#### [WORK INSTRUCTIONS]
Scan the material for "abbrev". Copy every line it appears in.

-- RECORDS TO PROCESS follows --

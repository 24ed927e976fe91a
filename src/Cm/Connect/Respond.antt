-- ===== src/Cm/Connect/Respond.antt =====
-- crates/pnio/src/cm/connect.rs: the blocks of the Connect response.
use pnio_rs.Prelude.{ℕ, ◌+◌, ◌-◌, ◌%◌, ◌++◌, Bytes, length, be16, u16, replicate}
use pnio_rs.Eth.Header.{mac_bytes}
use pnio_rs.Rpc.Drep.{big}
use pnio_rs.Rpc.Uuid
use pnio_rs.Cm.Block
use pnio_rs.Cm.Model.{DeviceModel}
use pnio_rs.Cm.Connect.{ArParams, IocrParams}

abbrev pub ar_block_res : ℕ
ar_block_res = 0x8101

abbrev pub iocr_block_res : ℕ
iocr_block_res = 0x8102

abbrev pub alarm_cr_block_res : ℕ
alarm_cr_block_res = 0x8103

abbrev pub ar_server_block_res : ℕ
ar_server_block_res = 0x8106

-- `BlockHeader::write(out, block_type, body.len() as u16)`, then the body.
abbrev with_header : ℕ → Bytes → Bytes
with_header block_type body = Block.write block_type (u16 (length body)) ++ body

unfoldable pub ar_block_body : ArParams → DeviceModel → Bytes
ar_block_body params model =
    be16 1
    ++ (Uuid.write params.ar_uuid big
        ++ (be16 params.session_key ++ (mac_bytes model.mac ++ be16 0x8892)))

unfoldable pub iocr_block_body : ℕ → IocrParams → Bytes
iocr_block_body iocr_type cr = be16 iocr_type ++ (be16 cr.reference ++ be16 cr.frame_id)

unfoldable pub alarm_cr_block_body : ℕ → Bytes
alarm_cr_block_body max_alarm_data_length = be16 1 ++ (be16 0 ++ be16 max_alarm_data_length)

-- The zeros that make the block's length a multiple of four.
unfoldable pub ar_server_block_body : Bytes → Bytes
ar_server_block_body station_name =
    be16 (u16 (length station_name))
    ++ (station_name ++ replicate ((4 - (6 + (2 + length station_name)) % 4) % 4) 0)

unfoldable pub write_ar_block_res : ArParams → DeviceModel → Bytes
write_ar_block_res params model = with_header ar_block_res (ar_block_body params model)

unfoldable pub write_iocr_block_res : ℕ → IocrParams → Bytes
write_iocr_block_res iocr_type cr = with_header iocr_block_res (iocr_block_body iocr_type cr)

unfoldable pub write_alarm_cr_block_res : ℕ → Bytes
write_alarm_cr_block_res max_alarm_data_length =
    with_header alarm_cr_block_res (alarm_cr_block_body max_alarm_data_length)

unfoldable pub write_ar_server_block_res : Bytes → Bytes
write_ar_server_block_res station_name =
    with_header ar_server_block_res (ar_server_block_body station_name)

unfoldable pub build_connect_res : ArParams → DeviceModel → Bytes
build_connect_res params model =
    write_ar_block_res params model
    ++ (write_iocr_block_res 1 params.input_cr
        ++ (write_iocr_block_res 2 params.output_cr
            ++ (write_alarm_cr_block_res model.max_alarm_data_length
                ++ write_ar_server_block_res model.station_name)))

-- RECORDS TO PROCESS concluded --

#### [PROBLEM SOLUTION]
abbrev pub ar_block_res : ℕ
abbrev pub iocr_block_res : ℕ
abbrev pub alarm_cr_block_res : ℕ
abbrev pub ar_server_block_res : ℕ
abbrev with_header : ℕ → Bytes → Bytes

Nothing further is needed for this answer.